Charlywalker's Blog











{November 30, 2012}   Twinkie Defense

I am sorry to hear that Hostess will no longer be offering their Twinkies to the public, mind you, I don’t buy or eat Twinkies.  I had one once in the 60’s.  A grade school chum offered me the second Twinkie in her double pack after school one day.  I remember the Twinkie  being larger than my hand and I can still remember the taste and texture of that Twinkie today.  I remember the soft spongy yellow cake oozing the cream filling with every bite.  I don’t think I had ever tasted anything like it, as my mother didn’t let us eat sugary pre- processed food.  Maybe a home made chocolate cake for a siblings birthday,  or an under baked  tart from my easy bake oven, but never a Hostess Twinkie, Fruit Pie, Ding Dong, or Ho-Ho.  I guess I can thank my mom for my impeccably clear arteries to this day…

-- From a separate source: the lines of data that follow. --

-- ===== src/Intercept/PolicyFile.antt =====
-- The policy file: `FilePolicy::from_document`, `check_coherence`, `to_target_policy`,
-- `policy_from_flags` and the parsers of patterns.
use eggreplay.Intercept.Hosts.{
  IpAddresses, take_chars, PolicyError, inside_brackets, invalid_host, invalid_port, invalid_rule,
}
use eggreplay.Bytes.{
  Bytes, codes, lowercase, parse_unsigned, eq_ignore_case, trim, split_once, strip_prefix,
}
use eggreplay.Prelude.{
  Bool, List, Message, Option, Result, [], about_number, about_text, any, err, false, if◌then◌else◌,
  is_empty, leb, length, ltb, map, none, not, ok, ok_or, reject_if, some, text, true, ℕ, ◌&&◌, ◌*◌,
  ◌++◌, ◌==◌, ◌^◌, ◌∷◌, nat_eq, list_eq, option_eq, pair_eq, ◌>>◌, ◌>>=◌, saturating_add,
}
use eggreplay.Intercept.Rules.{
  RuleAction, ConnectAction, TargetPolicy, PortMatch, Rule, HostMatch, covers, RequestKind,
  new_policy, connect, any_port, suffix_dns_of, any_kind, plain, max_policy_rules, exact_ip,
  exact_port, port_range, port_set_of, exact_dns_of,
}

abbrev pub max_policy_file_bytes : ℕ
max_policy_file_bytes = 64 * 1024

abbrev detail_len : ℕ
detail_len = 200

-- The errors that parsing gives; reading a file gives others.
pub data PolicyFileError : Type 0 where
  too_large mixed_actions : PolicyFileError
  invalid : Message → PolicyFileError
  unsupported_version : Bytes → PolicyFileError
  too_many_rules : ℕ → PolicyFileError

-- `bound_detail`
unfoldable pub bound_detail : Bytes → Bytes
unfolding take_chars
bound_detail input =
    if leb (length input) detail_len then input else take_chars detail_len input ++ codes "..."

pub data FileAction : Type 0 where
  deny tunnel intercept : FileAction

-- `FileAction::parse`
unfoldable pub parse_action : Bytes → Result FileAction PolicyFileError
parse_action input =
    let word = lowercase (trim input) in
    if word == codes "deny"
    then ok FileAction.deny
    else if word == codes "tunnel"
    then ok FileAction.tunnel
    else if word == codes "intercept"
    then ok FileAction.intercept
    else err (invalid (about_text "unknown rule action" (bound_detail word)))

-- `FileAction::connect_action`, `rule_action`
unfoldable pub connect_action : FileAction → ConnectAction
connect_action FileAction.deny = ConnectAction.refuse
connect_action FileAction.tunnel = ConnectAction.tunnel
connect_action FileAction.intercept = ConnectAction.intercept

unfoldable pub rule_action : FileAction → RuleAction
rule_action FileAction.deny = RuleAction.deny
rule_action _ = RuleAction.allow

-- `parse_connect_action`
unfoldable pub parse_connect_action : Bytes → Result ConnectAction PolicyFileError
parse_connect_action input =
    let word = lowercase (trim input) in
    if word == codes "deny"
    then ok ConnectAction.refuse
    else if word == codes "tunnel"
    then ok ConnectAction.tunnel
    else if word == codes "intercept"
    then ok ConnectAction.intercept
    else err (invalid (about_text "unknown default_connect_action" (bound_detail word)))

-- `parse_kind`
unfoldable pub parse_kind : Bytes → Result RequestKind PolicyFileError
parse_kind input =
    let word = lowercase (trim input) in
    if word == codes "plain"
    then ok plain
    else if word == codes "connect"
    then ok connect
    else if word == codes "any"
    then ok any_kind
    else err (invalid (about_text "unknown rule kind" (bound_detail word)))

-- `parse_one_port`
unfoldable pub parse_one_port : Bytes → Result ℕ PolicyFileError
parse_one_port input = do
  port ← ok_or (parse_unsigned 16 input) (invalid (about_text "invalid port" (bound_detail input)))
  reject_if (port == 0) (invalid (text "port zero is rejected"))
  ok port

-- `map_err`: the text of a policy error, which is not compared, becomes the detail.
as_invalid {ℓ} : {A : Type ℓ} → Result A PolicyError → Result A PolicyFileError
as_invalid (ok a) = ok a
as_invalid (err (invalid_host m)) = err (invalid m)
as_invalid (err (invalid_port m)) = err (invalid m)
as_invalid (err (invalid_rule m)) = err (invalid m)
as_invalid (err (PolicyError.too_many_rules n)) =
    err (invalid (about_number "too many policy rules" n))

-- The forms of `serde_json::Value` that `ports` may have; a number that is not a `u64` has none.
pub data PortsValue : Type 0 where
  null other : PortsValue
  string : Bytes → PortsValue
  number : Option ℕ → PortsValue
  array : List (Option ℕ) → PortsValue

-- `as_u64().and_then(|port| u16::try_from(port).ok())`
port_number : Option ℕ → Result ℕ PolicyFileError
port_number none = err (invalid (text "invalid port"))
port_number (some n) = do reject_if (leb (2 ^ 16) n) (invalid (about_number "invalid port" n)); ok n

port_numbers : List (Option ℕ) → Result (List ℕ) PolicyFileError
unfolding port_number
port_numbers [] = ok []
port_numbers (n ∷ ns) = do port ← port_number n; ports ← port_numbers ns; ok (port ∷ ports)

parse_ports_text : Bytes → Result PortMatch PolicyFileError
unfolding as_invalid
parse_ports_text s =
    if eq_ignore_case s (codes "any") then ok any_port else elim (split_once b'-' s) [
      | some (lo, hi) ↦ do
        start ← parse_one_port (trim lo)
        finish ← parse_one_port (trim hi)
        as_invalid (port_range start finish)
      | none ↦ do port ← parse_one_port s; as_invalid (exact_port port)
    ]

-- `parse_ports`
unfoldable pub parse_ports : PortsValue → Result PortMatch PolicyFileError
unfolding parse_ports_text port_number port_numbers as_invalid
parse_ports null = ok any_port
parse_ports (string s) = parse_ports_text (trim s)
parse_ports (number n) = do port ← port_number n; as_invalid (exact_port port)
parse_ports (array ns) = do ports ← port_numbers ns; as_invalid (port_set_of ports)
parse_ports other =
    err (invalid (text "ports must be \"any\", a port, a \"lo-hi\" range, or an array of ports"))

pub record FileRule (Addr : Type 0) : Type 0 where
  pub host : HostMatch Addr
  pub ports : PortMatch
  pub kind : RequestKind
  pub action : FileAction
  pub host_display : Bytes

pub record FilePolicy (Addr : Type 0) : Type 0 where
  pub default_connect_action : ConnectAction
  pub rules : List (FileRule Addr)

-- `RuleDocument` and `PolicyDocument`, with the defaults of absent fields filled in.
pub record RuleDocument : Type 0 where
  pub host : Bytes
  pub ports : PortsValue
  pub kind : Bytes
  pub action : Bytes

pub record PolicyDocument : Type 0 where
  pub version : Bytes
  pub default_connect_action : Bytes
  pub rules : List RuleDocument

unfoldable pub same_connect : ConnectAction → ConnectAction → Bool
same_connect ConnectAction.refuse ConnectAction.refuse = true
same_connect ConnectAction.tunnel ConnectAction.tunnel = true
same_connect ConnectAction.intercept ConnectAction.intercept = true
same_connect _ _ = false

unfoldable pub is_deny : FileAction → Bool
is_deny FileAction.deny = true
is_deny _ = false

-- Whether a rule contradicts the default: it does not deny, covers CONNECT, and acts otherwise.
unfoldable pub is_mixed : {Addr : Type 0} → ConnectAction → FileRule Addr → Bool
unfolding same_connect is_deny
is_mixed default_action r =
    not (is_deny r.action)
    && covers r.kind connect
    && not (same_connect (connect_action r.action) default_action)

-- `check_coherence`
unfoldable pub check_coherence :
    {Addr : Type 0} → FilePolicy Addr → Result (Unit {0}) PolicyFileError
check_coherence policy =
    reject_if (any (is_mixed policy.default_connect_action) policy.rules) mixed_actions

-- The rule that `to_target_policy` makes of a file rule.
unfoldable pub target_rule : {Addr : Type 0} → FileRule Addr → Rule Addr
target_rule r = record {
  host = r.host;
  ports = r.ports;
  kind = r.kind;
  action = rule_action r.action;
}

-- `to_target_policy`
unfoldable pub to_target_policy :
    {Addr : Type 0} → FilePolicy Addr → Result (TargetPolicy Addr) PolicyError
to_target_policy policy = new_policy (map target_rule policy.rules) policy.default_connect_action

module _ (ips : IpAddresses) where
  open ips use {IpAddr, parse_ip}

  -- `parse_host_pattern`, past the suffix forms.
  literal_or_name : Bytes → Result (HostMatch IpAddr) PolicyFileError
  unfolding as_invalid
  literal_or_name s = elim (inside_brackets s) [
    | some inside ↦ elim (parse_ip inside) [
      | some a ↦ ok (exact_ip a)
      | none ↦ err (invalid (about_text "invalid host pattern" (bound_detail s)))
    ]
    | none ↦ elim (parse_ip s) [ some a ↦ ok (exact_ip a) | none ↦ as_invalid (exact_dns_of ips s) ]
  ]

  suffix_pattern : Bytes → Result (HostMatch IpAddr) PolicyFileError
  unfolding as_invalid
  suffix_pattern parent =
      if is_empty parent
      then err (invalid (text "empty suffix parent"))
      else as_invalid (suffix_dns_of ips parent)

  unfoldable pub parse_host_pattern : Bytes → Result (HostMatch IpAddr) PolicyFileError
  unfolding suffix_pattern literal_or_name
  parse_host_pattern input =
      let s = trim input in
      elim (strip_prefix (codes "*.") s) [
        | some parent ↦ suffix_pattern parent
        | none ↦ elim (strip_prefix (codes ".") s) [
          | some parent ↦ suffix_pattern parent
          | none ↦ literal_or_name s
        ]
      ]

  -- `parse_rule`
  unfoldable pub parse_rule : RuleDocument → Result (FileRule IpAddr) PolicyFileError
  parse_rule r =
      let display = trim r.host in
      do
        reject_if (is_empty display) (invalid (text "rule host must not be empty"))
        host ← parse_host_pattern display
        ports ← parse_ports r.ports
        kind ← parse_kind r.kind
        action ← parse_action r.action
        ok (record {
          host = host;
          ports = ports;
          kind = kind;
          action = action;
          host_display = lowercase (trim display);
        })

  unfoldable pub parse_rules : List RuleDocument → Result (List (FileRule IpAddr)) PolicyFileError
  parse_rules [] = ok []
  parse_rules (r ∷ rs) = do rule ← parse_rule r; rules ← parse_rules rs; ok (rule ∷ rules)

  -- `from_document`
  unfoldable pub from_document : PolicyDocument → Result (FilePolicy IpAddr) PolicyFileError
  from_document document = do
    reject_if (not (document.version == codes "eggreplay-intercept-policy/v1"))
        (unsupported_version (bound_detail document.version))
    reject_if (ltb max_policy_rules (length document.rules))
        (PolicyFileError.too_many_rules (length document.rules))
    default_action ← parse_connect_action document.default_connect_action
    rules ← parse_rules document.rules
    let policy : FilePolicy IpAddr = record {
      default_connect_action = default_action;
      rules = rules;
    }
    check_coherence policy
    ok policy

  -- `parse_json`, over the deserialisation of a document.
  unfoldable pub parse_json :
      (Bytes → Option PolicyDocument) → Bytes → Result (FilePolicy IpAddr) PolicyFileError
  parse_json read bytes = do
    reject_if (ltb max_policy_file_bytes (length bytes)) too_large
    document ← ok_or (read bytes) (invalid (text "malformed JSON"))
    from_document document

  -- The loops of `policy_from_flags`: the hosts with the action that they are given.
  unfoldable pub flag_rules :
      FileAction → List Bytes → Result (List (FileRule IpAddr)) PolicyFileError
  flag_rules action [] = ok []
  flag_rules action (h ∷ hs) = do
    reject_if (is_empty (trim h)) (invalid (text "host must not be empty"))
    host ← parse_host_pattern (trim h)
    rules ← flag_rules action hs
    ok (
        (record {
          host = host;
          ports = any_port;
          kind = any_kind;
          action = action;
          host_display = lowercase (trim (trim h));
        })
        ∷ rules)

  -- The action of the allowed hosts.
  unfoldable pub allow_action : ConnectAction → FileAction
  allow_action ConnectAction.intercept = FileAction.intercept
  allow_action _ = FileAction.tunnel

  -- `policy_from_flags`
  unfoldable pub policy_from_flags :
      ConnectAction → List Bytes → List Bytes → Result (FilePolicy IpAddr) PolicyFileError
  policy_from_flags default_action allow_hosts deny_hosts =
      let total = saturating_add (length allow_hosts) (length deny_hosts) in
      do
        reject_if (ltb max_policy_rules total) (PolicyFileError.too_many_rules total)
        allowed ← flag_rules (allow_action default_action) allow_hosts
        denied ← flag_rules FileAction.deny deny_hosts
        let policy : FilePolicy IpAddr = record {
          default_connect_action = default_action;
          rules = allowed ++ denied;
        }
        check_coherence policy
        ok policy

Twinkies came on board around 1933 and now they will become extinct and for some reason that saddens me. I’m sorry Hostess had to declare bankruptcy, couldn’t they just repay their creditors with  an abundance of sweet snack cakes?  Twinkie’s  developed quite the resume besides clogging coronaries  and sending children into sugar coma’s.  The Twinkie found itself costarring in movies, like Grease, Die Hard, and Ghostbusters and also wound up in the courtroom at the 1979 murder Trial of Harvey Milk, where Dan white claimed he overdosed on Twinkie’s an was acting under a delusional influence of a  sugar high.  Hmm..maybe he needed a glass of Milk.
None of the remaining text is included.